# Neues Lomboz und neuer VisualEditor für Eclipse 3.1M6



## 0xdeadbeef (5. Mai 2005)

Wollte nur mal bemerken, daß es seit ein paar Tagen eine deutlich aufgebohrte Version von Lomboz gibt. Die tut jetzt auch "out of the box" mit Tomcat 5.5 (bei der letzten Version waren ja manuelle Klimmzüge nptwendig). Außerdem gibt's einen integrierten XML-Editor und vieles mehr.

Davon abgesehen gibt's jetzt ein Milestone-Release des VisualEditors, durch den der VE endlich kompatibel zu Eclipse 3.1M6 wird. 
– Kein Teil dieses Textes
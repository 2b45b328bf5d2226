-- ===== src/Protocol/Frames/Chunks.antt =====
-- TCP hands the byte stream over in pieces of any size; what `parseData` delivers does not depend
-- on them, as long as the stream holds no refused header.
use qt_linux_im_project.Base.{
  ℕ, ◌+◌, ◌≤◌, ◌≡◌, refl, sym, ◌∙◌, List, [], ◌∷◌, ◌++◌, Bytes, inl, inr, length, length-append,
  drop, take-append_le, drop-append_le, length-drop, arith, append-nil, append_assoc, ==-refl,
}
use qt_linux_im_project.Base.FdMap.{FdMap}
use qt_linux_im_project.Wire.Message.{MessageHeader}
use qt_linux_im_project.Wire.Message.Header.{get_header}
use qt_linux_im_project.Protocol.Frames.{
  wait, refused, frame, next_frame, parse_buffer, buffer_of, parse_data,
}
use qt_linux_im_project.Protocol.Frames.Progress.{
  Next-cases, next_frame-frame, parse_buffer-frame, parse_buffer-wait, buffer_of-parse_data,
  parse_data-settles,
}

-- Every header at a message boundary is valid, up to a last part that is cut short.
pub data Clean : Bytes → Type 0 where
  stop : {b : Bytes} → next_frame b ≡ wait → Clean b
  more :
      {b body rest : Bytes} {h : MessageHeader}
      → next_frame b ≡ frame h body rest
      → Clean rest
      → Clean b

-- A header is read from the first 16 bytes alone.
get_header-append : (b d : Bytes) → 16 ≤ length b → get_header (b ++ d) ≡ get_header b
unfolding get_header
get_header-append b d h = rw (
  drop-append_le 4 b d (omega arith),
  drop-append_le 2 (drop 4 b) d (omega (arith, length-drop 4 b)),
  drop-append_le 2 (drop 2 (drop 4 b)) d (omega (arith, length-drop 4 b, length-drop 2 (drop 4 b))),
  drop-append_le 4 (drop 2 (drop 2 (drop 4 b))) d
      (omega (arith, length-drop 4 b, length-drop 2 (drop 4 b), length-drop 2 (drop 2 (drop 4 b)))),
  take-append_le 4 b d (omega arith),
  take-append_le 2 (drop 4 b) d (omega (arith, length-drop 4 b)),
  take-append_le 2 (drop 2 (drop 4 b)) d (omega (arith, length-drop 4 b, length-drop 2 (drop 4 b))),
  take-append_le 4 (drop 2 (drop 2 (drop 4 b))) d
      (omega (arith, length-drop 4 b, length-drop 2 (drop 4 b), length-drop 2 (drop 2 (drop 4 b)))),
  take-append_le 4 (drop 4 (drop 2 (drop 2 (drop 4 b)))) d (
      omega (
        arith,
        length-drop 4 b,
        length-drop 2 (drop 4 b),
        length-drop 2 (drop 2 (drop 4 b)),
        length-drop 4 (drop 2 (drop 2 (drop 4 b))),
      )),
)

-- Bytes that come later do not change a message that is complete, nor a refusal.
next_frame-append :
    (b d : Bytes) {h : MessageHeader} {body rest : Bytes}
    → next_frame b ≡ frame h body rest
    → next_frame (b ++ d) ≡ frame h body (rest ++ d)
unfolding next_frame
next_frame-append b d e = ground (
  arith,
  next_frame-frame b e,
  get_header-append b d,
  length-append b d,
  drop-append_le 16 b d,
  drop-append_le (16 + (get_header b).body_length) b d,
  length-drop 16 b,
  take-append_le (get_header b).body_length (drop 16 b) d,
)

next_frame-append_refused : (b d : Bytes) → next_frame b ≡ refused → next_frame (b ++ d) ≡ refused
unfolding next_frame
next_frame-append_refused b d e = ground (arith, get_header-append b d, length-append b d)

module _ {ℓ} {S : Type ℓ} (callback : MessageHeader → Bytes → S → S) where
  -- What is left of `b`, and the state, are where the longer stream is taken up again.
  pub resume :
      (w : Bytes)
      → Clean w
      → (b d : Bytes) (s : S) → w ≡ b ++ d
      → Clean ((parse_buffer callback b s).0 ++ d)
        × (parse_buffer callback w s
            ≡ parse_buffer callback
                ((parse_buffer callback b s).0 ++ d)
                (parse_buffer callback b s).1)
  resume w (stop e) b d s q = elim (Next-cases (next_frame b)) [
    | inl x ↦ rw (parse_buffer-wait callback b s x, ← q) (stop e, refl)
    | inr (inl x) ↦ cc (next_frame-append_refused b d x)
    | inr (inr (h, body, rest, x)) ↦ cc (next_frame-append b d x)
  ]
  resume w (more {rest = left} e c) b d s q = elim (Next-cases (next_frame b)) [
    | inl x ↦ rw (parse_buffer-wait callback b s x, ← q) (more e c, refl)
    | inr (inl x) ↦ cc (next_frame-append_refused b d x)
    | inr (inr (h, body, rest, x)) ↦
        let long : next_frame w ≡ frame h body (rest ++ d) = rw q (next_frame-append b d x) in
        let same : left ≡ rest ++ d = cc in
        rw (parse_buffer-frame callback b s x, parse_buffer-frame callback w s long)
          (rw same at (resume left c rest d (callback h body s) same))
  ]

abbrev pub join : List Bytes → Bytes
join [] = []
join (d ∷ ds) = d ++ join ds

module _ {ℓ} {S : Type ℓ} (callback : ℕ → MessageHeader → Bytes → S → S) where
  -- The calls that the `recv` loop of `handleRead` makes for one descriptor, one for each piece.
  unfoldable pub feed : ℕ → List Bytes → FdMap Bytes × S → FdMap Bytes × S
  feed fd [] t = t
  feed fd (d ∷ ds) t = feed fd ds (parse_data callback fd d t)

  parse_data_state :
      (fd : ℕ) (d : Bytes) (t : FdMap Bytes × S)
      → (buffer_of fd (parse_data callback fd d t).0
          ≡ (parse_buffer (callback fd) (buffer_of fd t.0 ++ d) t.1).0)
        × ((parse_data callback fd d t).1
            ≡ (parse_buffer (callback fd) (buffer_of fd t.0 ++ d) t.1).1)
  parse_data_state fd d (buffers, s) =
      (rw (buffer_of-parse_data callback fd fd d buffers s, ==-refl fd), unfold parse_data in refl)

  pub feed_lem :
      (fd : ℕ) (ds : List Bytes) (t : FdMap Bytes × S) (w : Bytes)
      → w ≡ buffer_of fd t.0 ++ join ds
      → next_frame (buffer_of fd t.0) ≡ wait
      → Clean w
      → (buffer_of fd (feed fd ds t).0 ≡ (parse_buffer (callback fd) w t.1).0)
        × ((feed fd ds t).1 ≡ (parse_buffer (callback fd) w t.1).1)
  unfolding feed
  feed_lem fd [] t w q h c =
      rw (q, append-nil (buffer_of fd t.0), parse_buffer-wait (callback fd) _ t.1 h) (refl, refl)
  feed_lem fd (d ∷ ds) t w q h c =
      let state = parse_data_state fd d t in
      let split =
        resume (callback fd) w c (buffer_of fd t.0 ++ d) (join ds) t.1
          (q ∙ sym (append_assoc (buffer_of fd t.0) d (join ds))) in
      rw (split.1, ← state.0, ← state.1)
        (feed_lem fd ds (parse_data callback fd d t) _ refl
          (parse_data-settles callback fd d t.0 t.1).0 (rw state.0 split.0))

  -- Pieces of any sizes, one `parseData` call each, on a buffer that holds no complete message and
  -- no refused header: the callback runs on the same messages in the same order, and the same
  -- bytes are left over, as if the whole stream had come at once, provided that no header at a
  -- message boundary is refused.
  pub feed_chunks :
      (fd : ℕ) (ds : List Bytes) (buffers : FdMap Bytes) (s : S)
      → next_frame (buffer_of fd buffers) ≡ wait
      → Clean (buffer_of fd buffers ++ join ds)
      → (buffer_of fd (feed fd ds (buffers, s)).0
          ≡ buffer_of fd (parse_data callback fd (join ds) (buffers, s)).0)
        × ((feed fd ds (buffers, s)).1 ≡ (parse_data callback fd (join ds) (buffers, s)).1)
  feed_chunks fd ds buffers s h c =
      let state = parse_data_state fd (join ds) (buffers, s) in
      rw (state.0, state.1) (feed_lem fd ds (buffers, s) _ refl h c)
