-- ===== src/Protocol/Frames/Stream.antt =====
-- A stream of packed messages is taken apart into those messages, however TCP cuts it.
use qt_linux_im_project.Base.{
  ap, ==-refl, ℕ, ◌+◌, ◌≡◌, refl, sym, List, [], ◌∷◌, ◌++◌, Bytes, true, length, length-append,
  take-append_length, drop-append_length, arith, append_assoc, All, drop-drop,
}
use qt_linux_im_project.Base.FdMap.{FdMap}
use qt_linux_im_project.Wire.Message.{MessageHeader}
use qt_linux_im_project.Wire.Message.Header.{
  put_header, IsHeader, length-put_header, get_header-put_header,
}
use qt_linux_im_project.Protocol.{validate_header, packet}
use qt_linux_im_project.Protocol.Frames.{
  wait, frame, refused, parse_data, next_frame, parse_buffer, buffer_of,
}
use qt_linux_im_project.Protocol.Frames.Progress.{
  parse_buffer-frame, buffer_of-parse_data, parse_buffer-refused, parse_buffer-wait,
}
use qt_linux_im_project.Protocol.Frames.Chunks.{Clean, stop, more, join, feed, feed_lem}

-- A header that `validateHeader` accepts, before a body of the length that it states.
pub record IsFrame (m : MessageHeader × Bytes) : Type 0 where
  pub header : IsHeader m.0
  pub valid : validate_header m.0 ≡ true
  pub body_size : m.0.body_length ≡ length m.1

pub next_frame-packet :
    (h : MessageHeader) (body rest : Bytes)
    → IsFrame (h, body)
    → next_frame (packet h body ++ rest) ≡ frame h body rest
unfolding next_frame packet
next_frame-packet h body rest v =
    let shape = append_assoc (put_header h) body rest in
    let skip = drop-append_length 16 (put_header h) (body ++ rest) (length-put_header h) in
    rw (shape, get_header-put_header h (body ++ rest) v.header, skip)
      (ground (
        arith,
        v.valid,
        length-append (put_header h) (body ++ rest),
        length-append body rest,
        length-put_header h,
        take-append_length h.body_length body rest (sym v.body_size),
        drop-append_length h.body_length body rest (sym v.body_size),
        drop-drop 16 h.body_length (16 + h.body_length) (put_header h ++ (body ++ rest)) refl,
        skip,
      ))

-- The bytes of messages sent one behind the other.
abbrev pub stream : List (MessageHeader × Bytes) → Bytes
stream [] = []
stream ((h, body) ∷ ms) = packet h body ++ stream ms

abbrev pub deliver {ℓ} :
    {S : Type ℓ} → (MessageHeader → Bytes → S → S) → List (MessageHeader × Bytes) → S → S
deliver callback [] s = s
deliver callback ((h, body) ∷ ms) s = deliver callback ms (callback h body s)

pub stream-Clean :
    (ms : List (MessageHeader × Bytes)) (tail : Bytes)
    → All IsFrame ms
    → next_frame tail ≡ wait
    → Clean (stream ms ++ tail)
stream-Clean [] tail v h = stop h
stream-Clean ((hd, body) ∷ ms) tail (v, vs) h =
    rw (append_assoc (packet hd body) (stream ms) tail)
      (more (next_frame-packet hd body (stream ms ++ tail) v) (stream-Clean ms tail vs h))

module _ {ℓ} {S : Type ℓ} where
  pub parse_buffer-stream :
      (callback : MessageHeader → Bytes → S → S) (ms : List (MessageHeader × Bytes)) (tail : Bytes)
      (s : S)
      → All IsFrame ms
      → next_frame tail ≡ wait
      → parse_buffer callback (stream ms ++ tail) s ≡ (tail, deliver callback ms s)
  parse_buffer-stream callback [] tail s v h = parse_buffer-wait callback tail s h
  parse_buffer-stream callback ((hd, body) ∷ ms) tail s (v, vs) h =
      rw
        (
          append_assoc (packet hd body) (stream ms) tail,
          parse_buffer-frame callback _ s (next_frame-packet hd body (stream ms ++ tail) v),
        )
        (parse_buffer-stream callback ms tail (callback hd body s) vs h)

  parse_buffer-stream_refused :
      (callback : MessageHeader → Bytes → S → S) (ms : List (MessageHeader × Bytes)) (bad : Bytes)
      (s : S)
      → All IsFrame ms
      → next_frame bad ≡ refused
      → parse_buffer callback (stream ms ++ bad) s ≡ ([], deliver callback ms s)
  parse_buffer-stream_refused callback [] bad s v h = parse_buffer-refused callback bad s h
  parse_buffer-stream_refused callback ((hd, body) ∷ ms) bad s (v, vs) h =
      rw
        (
          append_assoc (packet hd body) (stream ms) bad,
          parse_buffer-frame callback _ s (next_frame-packet hd body (stream ms ++ bad) v),
        )
        (parse_buffer-stream_refused callback ms bad (callback hd body s) vs h)

module _ {ℓ} {S : Type ℓ} (callback : ℕ → MessageHeader → Bytes → S → S) where
  -- Valid messages and then the beginning of another one, in pieces of any sizes, on an empty
  -- buffer: the callback runs once on each message, header and body as they were sent and in the
  -- order of the stream, and the incomplete bytes are kept.
  pub feed-stream :
      (fd : ℕ) (ds : List Bytes) (ms : List (MessageHeader × Bytes)) (tail : Bytes)
      (buffers : FdMap Bytes) (s : S)
      → buffer_of fd buffers ≡ []
      → join ds ≡ stream ms ++ tail
      → All IsFrame ms
      → next_frame tail ≡ wait
      → (buffer_of fd (feed callback fd ds (buffers, s)).0 ≡ tail)
        × ((feed callback fd ds (buffers, s)).1 ≡ deliver (callback fd) ms s)
  feed-stream fd ds ms tail buffers s e j v h =
      rw (parse_buffer-stream (callback fd) ms tail s v h) at (
        feed_lem callback fd ds (buffers, s) (stream ms ++ tail) (rw (e, j) refl)
          (rw e (unfold next_frame in refl)) (stream-Clean ms tail v h))

  -- Valid messages and behind them, in the same call on an empty buffer, bytes that begin with a
  -- refused header: the callback runs on the valid messages only, and everything behind them is
  -- dropped, whatever it holds.
  pub parse_data-refused :
      (fd : ℕ) (ms : List (MessageHeader × Bytes)) (bad : Bytes) (buffers : FdMap Bytes) (s : S)
      → buffer_of fd buffers ≡ []
      → All IsFrame ms
      → next_frame bad ≡ refused
      → (buffer_of fd (parse_data callback fd (stream ms ++ bad) (buffers, s)).0 ≡ [])
        × ((parse_data callback fd (stream ms ++ bad) (buffers, s)).1 ≡ deliver (callback fd) ms s)
  unfolding parse_data
  parse_data-refused fd ms bad buffers s e v h =
      let lost = parse_buffer-stream_refused (callback fd) ms bad s v h in
      (
        rw (buffer_of-parse_data callback fd fd (stream ms ++ bad) buffers s, ==-refl fd, e)
            (ap (λ t. t.0) lost),
        rw e (ap (λ t. t.1) lost),
      )
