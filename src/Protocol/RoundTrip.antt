-- ===== src/Protocol/RoundTrip.antt =====
-- What one side packs, the other side takes out of its buffer and parses back.
pub mod Login
pub mod Chat
pub mod Files
pub mod UserList
pub mod Packets
use qt_linux_im_project.Base.{
  ℕ, ◌*◌, ◌%◌, ◌^◌, ◌≤◌, ◌<◌, ◌≡◌, refl, sym, ◌++◌, Bytes, length, arith, append_assoc,
}
use qt_linux_im_project.Wire.Message.{MessageType, message_code}
use qt_linux_im_project.Wire.Message.Header.{put_header, IsHeader}
use qt_linux_im_project.Protocol.{header_of, pack_header, packet, validate_header}
use qt_linux_im_project.Protocol.Frames.{frame, next_frame}
use qt_linux_im_project.Protocol.Frames.Stream.{IsFrame, next_frame-packet}

-- The header that a packer writes is one that `validateHeader` accepts, up to a body of 1 MiB.
pub header_of-IsFrame :
    (msg_type sequence : ℕ) (body : Bytes)
    → length body ≤ 1024 * 1024
    → IsFrame (header_of msg_type (length body) sequence, body)
unfolding header_of validate_header
header_of-IsFrame msg_type sequence body h = record {
  header = omega arith;
  valid = ground arith;
  body_size = omega arith;
}

-- The receiver takes the packed message off the front of its buffer, whatever stands behind it.
pub next_frame-pack_header :
    (t : MessageType) (sequence len : ℕ) (body rest : Bytes)
    → length body ≡ len
    → len ≤ 1024 * 1024
    → next_frame ((pack_header t len sequence ++ body) ++ rest)
      ≡ frame (header_of (message_code t) len sequence) body rest
unfolding pack_header
next_frame-pack_header t sequence len body rest e h = rw (← e) (
    unfold packet in
    next_frame-packet (header_of (message_code t) (length body) sequence) body rest
      (header_of-IsFrame (message_code t) sequence body (rw e h)))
Gibt jetzt eigentlich keine Gründe mehr, nicht den Milestone 6 zu benutzen...


----------



## Wildcard (5. Mai 2005)

Kommt  mir das nur so vor, oder ist der M6 schneller geworden (zumindest schneller als M4, M5 hab ich übersprungen...)?


----------



## Gast (5. Mai 2005)

Ich habe mit lomboz auf m4 nur nervende Bugs gehabt, ich hoffe mal, dass es sich gebessert hat. Werde es aber nicht ausprobieren, da ich mit dem myeclipse-Plugin sehr zufrieden bin.


----------